El paseo con Conde por el pueblo y el bosque
Aurora Peregrina Varela Rodriguez
domingo, 30 de abril de 2017, 12:02 h (CET)

Unnamed 6 1

Conde Blanquellty era un caballo saleroso, fresco, fino y muy fiel a las doncellas y yeguas, en ocasiones parecía que quería hablar, y de no ser porque no se entendía nada, podría decirse que lo hacía.

Era un caballo precioso donde los haya, aunque el caballo negro de su hermano era también muy lindo, tenía salero al andar.

Alejandra salía a dar paseos los fines de semana con Conde, pero no todos.

Uno de ellos fue por el pueblo y todos la llamaban “la condesa”.

En el pueblo, atravesó muchas calles apartándose de los coches que pasaban veloces. A una velocidad superior a la permitida, que era 50km por hora.

Había un hombre que la admiraba en secreto y ese día no pudo más que confesársele, frente a frente, cara a cara.

-Alejandra, para ahí, detente que debo hablarte.

-¿Qué quieres, molestón?, le contestó a ese ser tan inoportuno.

-Alejandra ven a mi casa o tomamos un chocolatito en una cafetería, ¿quién dice que tú y yo no podamos llegar a entendernos algún día?

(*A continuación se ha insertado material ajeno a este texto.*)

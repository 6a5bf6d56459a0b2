-- ===== src/Migrations/Declared.antt =====
-- The schema that storage/orm.py declares. The column of a foreign key has the type of the one that it refers to.
use pg_monitor.Prelude.{none, some, [], ◌∷◌}
use pg_monitor.Migrations.Schema.{
  integer, big_integer, float, datetime_with_timezone, string, Table, Schema,
}
use pg_monitor.Migrations.Revisions.{required, nullable, index}

abbrev pub declared_query_metric_snapshots : Table
declared_query_metric_snapshots = record {
  name = "query_metric_snapshots";
  columns =
      required "id" integer
      ∷ required "captured_at" datetime_with_timezone
      ∷ required "db_identifier" (string (some 255))
      ∷ required "queryid" (string (some 128))
      ∷ required "dbid" integer
      ∷ required "userid" integer
      ∷ required "query" (string none)
      ∷ required "calls" big_integer
      ∷ required "total_exec_time_ms" float
      ∷ required "mean_exec_time_ms" float
      ∷ required "rows" big_integer
      ∷ required "shared_blks_hit" big_integer
      ∷ required "shared_blks_read" big_integer
      ∷ required "shared_blks_dirtied" big_integer
      ∷ required "shared_blks_written" big_integer
      ∷ [];
  primary_key = "id" ∷ [];
  unique_constraints =
      (
        "uq_query_metric_snapshot_point",
        "captured_at" ∷ "db_identifier" ∷ "queryid" ∷ "dbid" ∷ "userid" ∷ [],
      )
      ∷ [];
  foreign_keys = [];
}

abbrev pub declared_runtime_snapshots : Table
declared_runtime_snapshots = record {
  name = "runtime_snapshots";
  columns =
      required "id" integer
      ∷ required "captured_at" datetime_with_timezone
      ∷ required "db_identifier" (string (some 255))
      ∷ required "active_connections" big_integer
      ∷ required "blocked_sessions" big_integer
      ∷ nullable "longest_tx_duration_s" float
      ∷ required "waiting_locks" big_integer
      ∷ required "granted_locks" big_integer
      ∷ [];
  primary_key = "id" ∷ [];
  unique_constraints = [];
  foreign_keys = [];
}

abbrev pub declared_runtime_database_snapshots : Table
declared_runtime_database_snapshots = record {
  name = "runtime_database_snapshots";
  columns =
      required "id" integer
      ∷ required "runtime_snapshot_id" integer
      ∷ required "datid" big_integer
      ∷ required "datname" (string (some 255))
      ∷ required "numbackends" big_integer
      ∷ required "xact_commit" big_integer
      ∷ required "xact_rollback" big_integer
      ∷ required "blks_read" big_integer
      ∷ required "blks_hit" big_integer
      ∷ required "deadlocks" big_integer
      ∷ [];
  primary_key = "id" ∷ [];
  unique_constraints = [];
  foreign_keys =
      record {
        columns = "runtime_snapshot_id" ∷ [];
        referred_table = "runtime_snapshots";
        referred_columns = "id" ∷ [];
        on_delete = "CASCADE";
      }
      ∷ [];
}

abbrev pub declared_runtime_current : Table
declared_runtime_current = record {
  name = "runtime_current";
  columns =
      required "db_identifier" (string (some 255))
      ∷ required "captured_at" datetime_with_timezone
      ∷ required "active_connections" big_integer
      ∷ required "blocked_sessions" big_integer
      ∷ nullable "longest_tx_duration_s" float
      ∷ required "waiting_locks" big_integer
      ∷ required "granted_locks" big_integer
      ∷ [];
  primary_key = "db_identifier" ∷ [];
  unique_constraints = [];
  foreign_keys = [];
}

abbrev pub declared_runtime_database_current : Table
declared_runtime_database_current = record {
  name = "runtime_database_current";
  columns =
      required "id" integer
      ∷ required "db_identifier" (string (some 255))
      ∷ required "captured_at" datetime_with_timezone
      ∷ required "datid" big_integer
      ∷ required "datname" (string (some 255))
      ∷ required "numbackends" big_integer
      ∷ required "xact_commit" big_integer
      ∷ required "xact_rollback" big_integer
      ∷ required "blks_read" big_integer
      ∷ required "blks_hit" big_integer
      ∷ required "deadlocks" big_integer
      ∷ [];
  primary_key = "id" ∷ [];
  unique_constraints =
      ("uq_runtime_database_current_db_identifier_datname", "db_identifier" ∷ "datname" ∷ []) ∷ [];
  foreign_keys = [];
}

abbrev pub declared : Schema
declared = record {
  tables =
      declared_query_metric_snapshots ∷ declared_runtime_snapshots
      ∷ declared_runtime_database_snapshots ∷ declared_runtime_current
      ∷ declared_runtime_database_current ∷ [];
  indexes =
      index "ix_query_metric_snapshots_db_identifier_captured_at" "query_metric_snapshots"
        ("db_identifier" ∷ "captured_at" ∷ [])
      ∷ index "ix_query_metric_snapshots_queryid_captured_at" "query_metric_snapshots"
          ("queryid" ∷ "captured_at" ∷ [])
      ∷ index "ix_runtime_snapshots_db_identifier_captured_at" "runtime_snapshots"
          ("db_identifier" ∷ "captured_at" ∷ [])
      ∷ index "ix_runtime_database_snapshots_runtime_snapshot_id_datname"
          "runtime_database_snapshots" ("runtime_snapshot_id" ∷ "datname" ∷ [])
      ∷ index "ix_runtime_database_current_db_identifier" "runtime_database_current"
          ("db_identifier" ∷ [])
      ∷ [];
}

-No me interesas Gabriel. Soy así de clara, como me enseñaron a ser. Así, sin más. ¿Para qué iba a engañarte?. Soy franca. Agua que no has de beber...

-O bajas del caballo o te bajo yo, como que me llamo Gabriel Serafín.

-No puedes.

Pero él fue y la bajó.

Cuando bajando quedaron cuerpo a cuerpo, Alejandra sintió algo por ese hombre que le llevaba unos veinte años, pero no sabía explicar la razón.

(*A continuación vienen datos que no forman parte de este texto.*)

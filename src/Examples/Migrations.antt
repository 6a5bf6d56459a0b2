-- ===== src/Examples/Migrations.antt =====
-- Runs of the revisions of the schema.
use pg_monitor.Prelude.{◌≡◌, refl, some, true, [], ◌∷◌, ◌++◌}
use pg_monitor.Prelude.Dict.{has}
use pg_monitor.Migrations.Schema.{Schema, apply, run, integer}
use pg_monitor.Migrations.Revisions.{
  required, create_query_metric_snapshots, add_runtime_storage_tables,
  upgrade_query_metric_counters_to_bigint, upgrade, downgrade,
}
use pg_monitor.Migrations.Undo.{goes_through, downgrade-upgrade}
use pg_monitor.Migrations.Declared.{declared}

abbrev empty : Schema
empty = record { tables = []; indexes = [] }

-- The upgrades of all revisions lead to the schema that the code declares.
declared_by_head :
    run
      (upgrade create_query_metric_snapshots
        ++ upgrade add_runtime_storage_tables
        ++ upgrade upgrade_query_metric_counters_to_bigint)
      empty
    ≡ some declared
unfolding run upgrade
declared_by_head = refl

-- A database that has a table of its own.
abbrev occupied : Schema
occupied = record {
  tables =
      record {
        name = "alembic_version";
        columns = required "version" integer ∷ [];
        primary_key = "version" ∷ [];
        unique_constraints = [];
        foreign_keys = [];
      }
      ∷ [];
  indexes = [];
}

goes : goes_through (upgrade add_runtime_storage_tables) occupied ≡ true
unfolding goes_through upgrade apply has
goes = refl

downgrade-upgrade_example :
    (s : Schema) × (run (upgrade add_runtime_storage_tables) occupied ≡ some s)
    × (run (downgrade add_runtime_storage_tables) s ≡ some occupied)
downgrade-upgrade_example = downgrade-upgrade add_runtime_storage_tables occupied refl goes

Sus brazos fuertes rodeándola, sus labios carnosos y su mirada tan potente, tan dominadora, que le decía:

-Te quiero, te necesito, ven a mí, ven conmigo para siempre.

-No me agarres así -alcanzó a decir.

Pero él la cogió más fuerte y la besó, apasionadamente.

Ella se dejó, pero porque quiso, nadie la obligaría sino fuera así, estaba acostumbrada a usar uñas y dientes cuando hacía falta.

La besó y acarició su cuerpo con una profunda ternura, allí en un rincón del planeta donde no los veía nadie, el cielo por techo, él se llenó de ella. Supo también que ella se dejaba acariciar y querer, sin más.

Desamarró las tiras de su traje y sacó su camisa, vio sus pechos morenos y los apretó hacia sí…

Gabriel era un solterón no porque no le faltase con quien casarse, sino porque era muy hombre, una especie de machote, y tenía miedo de hacer daño si se casaba con alguien, pero la belleza de Alejandra le hacía intuir que jamás podría hacerle ningún daño. No a ella.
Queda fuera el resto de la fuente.